Tuesday, July 11, 2006

Sin & Sinfulness

Over the last few months I've been involved in a handful of conversations about sin in regenerate and unregenerate man via email, blogs and that old-fashioned thing called..."talking." (I know, I should be more technological and use the phone or something). Anywho, I read this a few days ago, and thought that it did a real good job of summing up the Biblical teaching on the subject, and figured I'd throw it up here to help some of these conversations continue in a profitable fashion (or, y'know not continue, but provide food for thought or whatever)

from: Are Five Points Enough? The Ten Points of Calvinism by Leonard J. Coppes

The first thing we should examine is the differences and relationship between sin and sinfulness. Sin has to do with the acts of men while sinfulness has to do with man's nature. Hence, the Christian whose sinful nature (the old nature) is destroyed (II Cor. 5:17) can still commit sins (I Jn. 1:9) because he still has sinful habits and inclinations (Rom. 7:20,21). Under this idea man is conceived as a violator of God's Law. Sin is known/identified not by man's thinking or feeling but by what God declares in His Word. Sin is man's violation of God's covenant.

Sinfulness, on the other hand, describes unregenerate man's rebellious nature. It is that which distinguishes man from God as a righteous being. God is all-righteous. He loves and seeks only righteousness. Everything that unregenerate man does or thinks is undergirded by rebellious inclinations against God or motivations that are sinful. He is a sinner and violates God's law because he is bound by that sinful nature inherited from Adam (Rom. 5:12). He neither loves nor seeks after God nor His Law (Rom. 3:10ff).

Regenerate man, however, is a sinner who violates God's law because his sanctification is imperfect. He loves and pursues obedience to Divine law but fins himself unable to attain perfect obedience. Sinfulness, the old Adamic nature with its enslavement to sin (Rom. 8:12-15) and its mind set on flesh (Rom 8:6,7), however, is dead.

God's demand for repentance refers both to sin and sinfulness.

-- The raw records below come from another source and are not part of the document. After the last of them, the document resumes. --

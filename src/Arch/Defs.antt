-- ===== src/Arch/Defs.antt =====
-- lib/arch/x86_64/patch.c. The memory of the process is read directly and written through the
-- instruction queue (`memwrite` of lib/ulp.c).
use libpulp.Base.{
  ℕ, List, [], ◌∷◌, ◌++◌, Bool, if◌then◌else◌, length, same, ◌+◌, ◌==◌, ◌-◌, ◌||◌, ◌&&◌,
}
use libpulp.Base.Memory.{bytes_le, Memory, load}
use libpulp.InsnQueue.Insert.{Globals, insert_write}
use libpulp.Errors.Codes.{enone, enopatchable}

-- PRE_NOPS_LEN: room before the entry for `jmp *0(%rip)` and its 8-byte target
abbrev pub pre_nops_len : ℕ
pre_nops_len = 14

-- insn_endbr64
abbrev pub insn_endbr64 : List ℕ
insn_endbr64 = 0xf3 ∷ 0x0f ∷ 0x1e ∷ 0xfa ∷ []

-- The jump through the data first_insn, 6 bytes.
abbrev pub jmp_rip : List ℕ
jmp_rip = 0xff ∷ 0x25 ∷ 0 ∷ 0 ∷ 0 ∷ 0 ∷ []

-- ulp_prologue with `data` in its data entry: a jump back by 16 stands at the function's entry.
abbrev pub ulp_prologue : ℕ → List ℕ
ulp_prologue target = jmp_rip ++ (bytes_le 8 target ++ (0xeb ∷ 0xf0 ∷ []))

-- ulp_prologue_endbr64: the jump, back by 20, stands behind the endbr64.
abbrev pub ulp_prologue_endbr64 : ℕ → List ℕ
ulp_prologue_endbr64 target = jmp_rip ++ (bytes_le 8 target ++ (insn_endbr64 ++ (0xeb ∷ 0xec ∷ [])))

-- insn_nop2
abbrev pub insn_nop2 : List ℕ
insn_nop2 = 0x66 ∷ 0x90 ∷ []

-- memwrite of lib/ulp.c: whether the write could be queued, for NULL or not.
unfoldable pub memwrite : ℕ → List ℕ → Globals → Bool × Globals
memwrite dest src g = let (e, g') = insert_write dest src g in (e == enone, g')

-- ulp_patch_prologue_layout
unfoldable pub ulp_patch_prologue_layout : ℕ → List ℕ → Globals → Globals
unfolding memwrite
ulp_patch_prologue_layout old_fentry prologue g = (memwrite old_fentry prologue g).1

-- Whether the function starts with endbr64.
unfoldable pub has_endbr64 : Memory → ℕ → Bool
has_endbr64 m addr = same (load m addr (length insn_endbr64)) insn_endbr64

-- ulp_skip_prologue
unfoldable pub ulp_skip_prologue : Memory → ℕ → Globals → Globals
unfolding memwrite
ulp_skip_prologue m fentry g =
    let bias = if has_endbr64 m fentry then length insn_endbr64 else 0 in
    (memwrite (fentry + bias) insn_nop2 g).1

-- The test of ulp_patch_addr for two nops or a short jump at the entry.
unfoldable pub is_patchable : Memory → ℕ → Bool
is_patchable m at = m at == 0xeb || (m (at + 1) == 0x90 && (m at == 0x90 || m at == 0x66))

-- ulp_patch_addr; `m` is the memory of the process when it is called
unfoldable pub ulp_patch_addr : Memory → ℕ → ℕ → Bool → Globals → ℕ × Globals
ulp_patch_addr m old_faddr new_faddr enable g =
    let endbr64 = has_endbr64 m old_faddr in
    let as_bytes = if endbr64 then old_faddr + length insn_endbr64 else old_faddr in
    let prologue = if endbr64 then ulp_prologue_endbr64 new_faddr else ulp_prologue new_faddr in
    let addr = old_faddr - pre_nops_len in
    if is_patchable m as_bytes
    then (
      enone,
      if enable then ulp_patch_prologue_layout addr prologue g else ulp_skip_prologue m old_faddr g,
    )
    else (enopatchable, g)
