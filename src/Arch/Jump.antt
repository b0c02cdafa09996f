-- ===== src/Arch/Jump.antt =====
-- What the processor does at the entry of a function, as far as live patching is concerned: the
-- short jump at the entry leads to an indirect jump before it, and that one to the replacement.
use libpulp.Base.{
  ℕ, ◌+◌, ◌-◌, ◌<◌, ◌≡◌, ◌∷◌, [], Option, none, some, true, false, ◌==◌, if◌then◌else◌, same, arith,
  ◌^◌, suc, ◌≢◌, ap,
}
use libpulp.Base.Memory.{Memory, load, value_le, bytes_le, value_le-bytes_le}
use libpulp.Arch.Defs.{insn_endbr64, jmp_rip, has_endbr64, is_patchable}

-- The first instruction behind an endbr64.
unfoldable pub first_insn : Memory → ℕ → ℕ
first_insn m f = if has_endbr64 m f then f + 4 else f

-- Where a call of the function at `f` is diverted to: `eb d` jumps by the signed byte `d`, and
-- `ff 25 00 00 00 00` to the address in the 8 bytes behind it.
unfoldable pub diverted_to : Memory → ℕ → Option ℕ
diverted_to m f =
    let e = first_insn m f in
    let back = 256 - m (e + 1) in
    let jump = e + 2 - back in
    if m e == 0xeb
    then if same (load m jump 6) jmp_rip then some (value_le (load m (jump + 6) 8)) else none
    else none

-- A function whose entry bytes are `eb d` jumps `256 - d` back from behind them.
pub diverted_by :
    (m : Memory) (f b d target : ℕ)
    → m (first_insn m f) ≡ 0xeb
    → m (first_insn m f + 1) ≡ d
    → b + 256 ≡ first_insn m f + 2 + d
    → d < 256
    → load m b 6 ≡ jmp_rip
    → load m (b + 6) 8 ≡ bytes_le 8 target
    → target < 2 ^ 64
    → (diverted_to m f ≡ some target) × (is_patchable m (first_insn m f) ≡ true)
unfolding diverted_to is_patchable
diverted_by m f b d target first second back small jump dest fits =
    let from : first_insn m f + 2 - (256 - d) ≡ b = omega arith in
    (
      rw (second, from, jump, dest, first) (ap some (value_le-bytes_le 8 target (omega arith))),
      rw first,
    )

-- A function whose entry bytes are the two-byte nop runs its own code.
pub not_diverted :
    (m : Memory) (f : ℕ)
    → m (first_insn m f) ≡ 0x66
    → m (first_insn m f + 1) ≡ 0x90
    → (diverted_to m f ≡ none) × (is_patchable m (first_insn m f) ≡ true)
unfolding diverted_to is_patchable
not_diverted m f first second = (rw first, rw (second, first))

-- Two bytes in a row.
pub two_bytes : (m : Memory) (a x y : ℕ) → load m a 2 ≡ x ∷ y ∷ [] → (m a ≡ x) × (m (a + 1) ≡ y)
unfolding load
two_bytes m a x y e = let next : a + 1 ≡ suc a = omega arith in (cc, rw next (cc))

pub first_insn_plain : (m : Memory) (f : ℕ) → m f ≢ 0xf3 → first_insn m f ≡ f
unfolding first_insn has_endbr64 load
first_insn_plain m f h = let first : (m f == 0xf3) ≡ false = ground arith in rw first

pub first_insn_endbr64 : (m : Memory) (f : ℕ) → load m f 4 ≡ insn_endbr64 → first_insn m f ≡ f + 4
unfolding first_insn has_endbr64
first_insn_endbr64 m f e = rw e
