-- ===== src/Versioning/Examples.antt =====
-- Three slots, two of them taken, and a full array.
use spack_playground.Prelude.{
  ℕ, ◌≡◌, refl, ◌⊎◌, inl, inr, true, false, some, List, [], ◌∷◌, arith, ltb,
}
use spack_playground.Versioning.{
  Order, Versions, lower_bound, copy_to, insert, DiskOp, CrashLeaves, persisted, insert_steps,
  insert_ops,
}
use spack_playground.Versioning.Crash.{IsValid, Reads, insert-sorted, crash_atomic}

ltb_asymmetric : (a b : ℕ) → ltb a b ≡ true → ltb b a ≡ false
ltb_asymmetric a b e = ground arith

ltb_transitive : (a b c : ℕ) → ltb a b ≡ false → ltb b c ≡ false → ltb a c ≡ false
ltb_transitive a b c e f = ground arith

abbrev numbers : Order ℕ
numbers = record { less = ltb; asymmetric = ltb_asymmetric; transitive = ltb_transitive }

abbrev two_taken : Versions ℕ
two_taken = record {
  first = record { entries = 10 ∷ 30 ∷ 7 ∷ []; size = 2 };
  second = record { entries = 10 ∷ 0 ∷ 0 ∷ []; size = 1 };
  current = 0;
}

abbrev all_taken : Versions ℕ
all_taken = record {
  first = record { entries = 10 ∷ 30 ∷ 50 ∷ []; size = 3 };
  second = record { entries = 10 ∷ 30 ∷ 0 ∷ []; size = 2 };
  current = 0;
}

abbrev torn : Versions ℕ
torn = record two_taken { second = record { entries = 10 ∷ 20 ∷ 0 ∷ []; size = 1 } }

two_taken-IsValid : IsValid numbers 3 two_taken
two_taken-IsValid = record {
  one_of_two = omega arith;
  first_slots = refl;
  second_slots = refl;
  fits = omega arith;
  sorted = ((refl, tt), (tt, tt));
}

all_taken-IsValid : IsValid numbers 3 all_taken
all_taken-IsValid = record {
  one_of_two = omega arith;
  first_slots = refl;
  second_slots = refl;
  fits = omega arith;
  sorted = ((refl, (refl, tt)), ((refl, tt), (tt, tt)));
}

insert-sorted_example :
    (b : Versions ℕ) × (insert numbers two_taken 20 ≡ some b)
    × Reads numbers 3 two_taken two_taken-IsValid (10 ∷ 20 ∷ 30 ∷ []) b
insert-sorted_example = insert-sorted numbers 3 two_taken two_taken-IsValid 20 (omega arith)

abbrev twenty_steps : List (DiskOp ℕ)
twenty_steps = insert_steps two_taken (record { entries = 10 ∷ 20 ∷ 30 ∷ []; size = 3 })

twenty_run : insert_ops numbers two_taken 20 ≡ some twenty_steps
unfolding insert_ops lower_bound copy_to
twenty_run = refl

-- The crash is between the stores to the working copy and their `persist`.
torn_left : CrashLeaves (persisted two_taken) twenty_steps torn
torn_left = inr (inl (inl refl, refl, refl))

crash_atomic_example :
    Reads numbers 3 two_taken two_taken-IsValid (10 ∷ 30 ∷ []) torn
    ⊎ Reads numbers 3 two_taken two_taken-IsValid (10 ∷ 20 ∷ 30 ∷ []) torn
crash_atomic_example =
    crash_atomic numbers 3 two_taken two_taken-IsValid 20 twenty_steps torn (omega arith) twenty_run
      torn_left
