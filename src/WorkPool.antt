-- ===== src/WorkPool.antt =====
-- targets/apps/thallium_custom_schedulers_and_pools/main.cpp: `MyUnit` and `MyPool`. A unit is its
-- address; the mutex makes each method one step.
pub mod Members
pub mod Scheduler
mod Examples
use spack_playground.Prelude.{
  ℕ, zero, suc, ◌+◌, ◌≡◌, Bool, true, false, Option, none, some, List, [], ◌∷◌, ◌++◌, ◌==◌,
  if◌then◌else◌, length,
}
use spack_playground.Prelude.Family.{update}

-- The deque `units_`, and the flag `inPool_` of every unit.
pub record Pool : Type 0 where
  pub units : List ℕ
  pub in_pool : ℕ → Bool

abbrev pub new_pool : Pool
new_pool = record { units = []; in_pool = λ u. false }

abbrev pub get_size : Pool → ℕ
get_size p = length p.units

unfoldable pub push : ℕ → Pool → Pool
push u p = record { units = p.units ++ u ∷ []; in_pool = update p.in_pool u true }

-- `none` is the null pointer.
unfoldable pub pop_from : List ℕ → Pool → Option ℕ × Pool
pop_from [] p = (none, p)
pop_from (u ∷ us) p = (some u, record { units = us; in_pool = update p.in_pool u false })

unfoldable pub pop : Pool → Option ℕ × Pool
unfolding pop_from
pop p = pop_from p.units p

-- `std::find` and `erase`; the result is `none` where the unit is not found.
unfoldable pub erase_found : ℕ → List ℕ → Option (List ℕ)
erase_found u [] = none
erase_found u (x ∷ xs) =
    let rest = erase_found u xs in
    if x == u then some xs else elim rest [ none ↦ none | some ys ↦ some (x ∷ ys) ]

unfoldable pub remove : ℕ → Pool → Pool
unfolding erase_found
remove u p = elim (erase_found u p.units) [
  | none ↦ p
  | some us ↦ record { units = us; in_pool = update p.in_pool u false }
]

-- The calls that Argobots makes: a unit that is pushed is in no pool.
pub data Step : Pool → Pool → Type 0 where
  pushes : (p : Pool) (u : ℕ) → p.in_pool u ≡ false → Step p (push u p)
  pops : (p : Pool) → Step p (pop p).1
  removes : (p : Pool) (u : ℕ) → Step p (remove u p)

pub data Reach : Pool → Type 0 where
  start : Reach new_pool
  next : (p p' : Pool) → Reach p → Step p p' → Reach p'
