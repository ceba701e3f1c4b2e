-- ===== src/WorkPool/Members.antt =====
-- The flags of the units agree with the deque.
use spack_playground.Prelude.{
  ℕ, ◌+◌, ◌≡◌, ◌⊎◌, refl, sym, ap, ◌∙◌, inl, inr, Bool, true, false, none, some, List, [], ◌∷◌,
  ◌++◌, arith, ◌==◌, ==_iff, if◌then◌else◌, Bool-cases,
}
use spack_playground.Prelude.Family.{one_if, update}
use spack_playground.Prelude.Occurrences.{occurrences, occurrences-append}
use spack_playground.WorkPool.{
  Pool, push, pop_from, pop, erase_found, remove, pushes, pops, removes, Reach, start, next,
}

some_injective : {x y : List ℕ} → some x ≡ some y → x ≡ y
some_injective e = cc

-- A unit whose flag is set stands once in the deque, any other not at all.
abbrev pub IsValid : Pool → Type 0
IsValid p = (u : ℕ) → occurrences u p.units ≡ one_if (p.in_pool u)

erase_found-none : (u : ℕ) (us : List ℕ) → erase_found u us ≡ none → occurrences u us ≡ 0
unfolding erase_found occurrences
erase_found-none u [] e = refl
erase_found-none u (x ∷ xs) e = ground (arith, erase_found-none u xs)

erase_found_lem :
    (u v : ℕ) (us : List ℕ)
    → (erase_found u us ≡ none)
      ⊎ ((rest : List ℕ) × (erase_found u us ≡ some rest)
          × (occurrences v us ≡ one_if (u == v) + occurrences v rest))
unfolding erase_found occurrences
erase_found_lem u v [] = inl refl
erase_found_lem u v (x ∷ xs) = elim (Bool-cases (x == u)) [
  | inl e ↦ inr (xs, rw (e, erase_found) refl, same_unit x u ((==_iff x u).0 e))
  | inr e ↦ elim (erase_found_lem u v xs) [
    | inl missing ↦ inl (rw (e, erase_found, missing) refl)
    | inr (rest, run, counts) ↦ inr (x ∷ rest, rw (e, erase_found, run) refl, omega (arith, counts))
  ]
]
  where
    same_unit :
        (x u : ℕ) → x ≡ u → one_if (x == v) + occurrences v xs ≡ one_if (u == v) + occurrences v xs
    same_unit x u e = ap (λ t. one_if (t == v) + occurrences v xs) e

push-IsValid : (p : Pool) (u : ℕ) → IsValid p → p.in_pool u ≡ false → IsValid (push u p)
unfolding push occurrences
push-IsValid p u valid out v =
    by_flag (occurrences-append v p.units (u ∷ [])) (valid v) (ap one_if out) (valid u)
  where
    by_flag :
        occurrences v (p.units ++ u ∷ []) ≡ occurrences v p.units + (one_if (u == v) + 0)
        → occurrences v p.units ≡ one_if (p.in_pool v)
        → one_if (p.in_pool u) ≡ 0
        → occurrences u p.units ≡ one_if (p.in_pool u)
        → occurrences v (p.units ++ u ∷ []) ≡ one_if (if u == v then true else p.in_pool v)
    by_flag e f g h = ground arith

taken-counts :
    (p : Pool) (u : ℕ) (us : List ℕ)
    → IsValid p
    → ((v : ℕ) → occurrences v p.units ≡ one_if (u == v) + occurrences v us)
    → IsValid (record { units = us; in_pool = update p.in_pool u false })
taken-counts p u us valid counts v =
    by_flag (p.in_pool v) (occurrences v p.units) (occurrences v us) (valid v) (counts v)
  where
    by_flag :
        (flag : Bool) (m n : ℕ)
        → m ≡ one_if flag
        → m ≡ one_if (u == v) + n
        → n ≡ one_if (if u == v then false else flag)
    by_flag flag m n e f = ground arith

pop-IsValid : (p : Pool) → IsValid p → IsValid (pop p).1
unfolding pop pop_from
pop-IsValid p valid = by_units p.units refl
  where
    by_units : (us : List ℕ) → us ≡ p.units → IsValid (pop_from us p).1
    by_units [] e = valid
    by_units (u ∷ us) e = taken-counts p u us valid (λ v. ap (occurrences v) (sym e) ∙ first v)
      where
        first : (v : ℕ) → occurrences v (u ∷ us) ≡ one_if (u == v) + occurrences v us
        first v = unfold occurrences in refl

remove-IsValid : (p : Pool) (u : ℕ) → IsValid p → IsValid (remove u p)
unfolding remove
remove-IsValid p u valid = elim (erase_found_lem u 0 p.units) [
  | inl missing ↦ rw (missing, remove) valid
  | inr (us, run, _) ↦ rw (run, remove) (taken-counts p u us valid (λ v. counts v us run))
]
  where
    counts :
        (v : ℕ) (us : List ℕ)
        → erase_found u p.units ≡ some us
        → occurrences v p.units ≡ one_if (u == v) + occurrences v us
    counts v us run = elim (erase_found_lem u v p.units) [
      | inl missing ↦ absurd (cc (sym missing ∙ run))
      | inr (rest, run', e) ↦
          e ∙ ap (λ t. one_if (u == v) + occurrences v t) (some_injective (sym run' ∙ run))
    ]

-- Whatever sequence of `push`, `pop` and `remove` has run on a new pool, where no unit is pushed that is
-- already in it: a unit whose `inPool_` is set stands exactly once in the deque, any other not at all.
pub Reach-IsValid : (p : Pool) → Reach p → (u : ℕ) → occurrences u p.units ≡ one_if (p.in_pool u)
Reach-IsValid _ start = λ u. unfold occurrences in refl
Reach-IsValid _ (next p _ reach (pushes _ u out)) = push-IsValid p u (Reach-IsValid p reach) out
Reach-IsValid _ (next p _ reach (pops _)) = pop-IsValid p (Reach-IsValid p reach)
Reach-IsValid _ (next p _ reach (removes _ u)) = remove-IsValid p u (Reach-IsValid p reach)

Since sin is against God's covenant He demands our repentance form and restitution for that sin. Ultimately, however, repentance has reference to sinfulness. man's heart needs to be changed. Divine honor needs to be fully restored. The entire created relationship between God and man needs to be recreated. Man's innermost inclinations and motivations need to be turned around so that he will only seek to obey God's commandments and to be as holy as God is. Indeed, he must become as holy as God is (I Pet. 1:13-16).

2 comments:

polymathis said...

What I like to tell people is that Biblically man sins because he is a sinner; whereas other forms of religion say that man is a sinner because he sins.

girlfriday said...

How true that is polymathis!

Thanks, HC, this is actually quite helpful. And from our gregarious neighbor to the near east, too!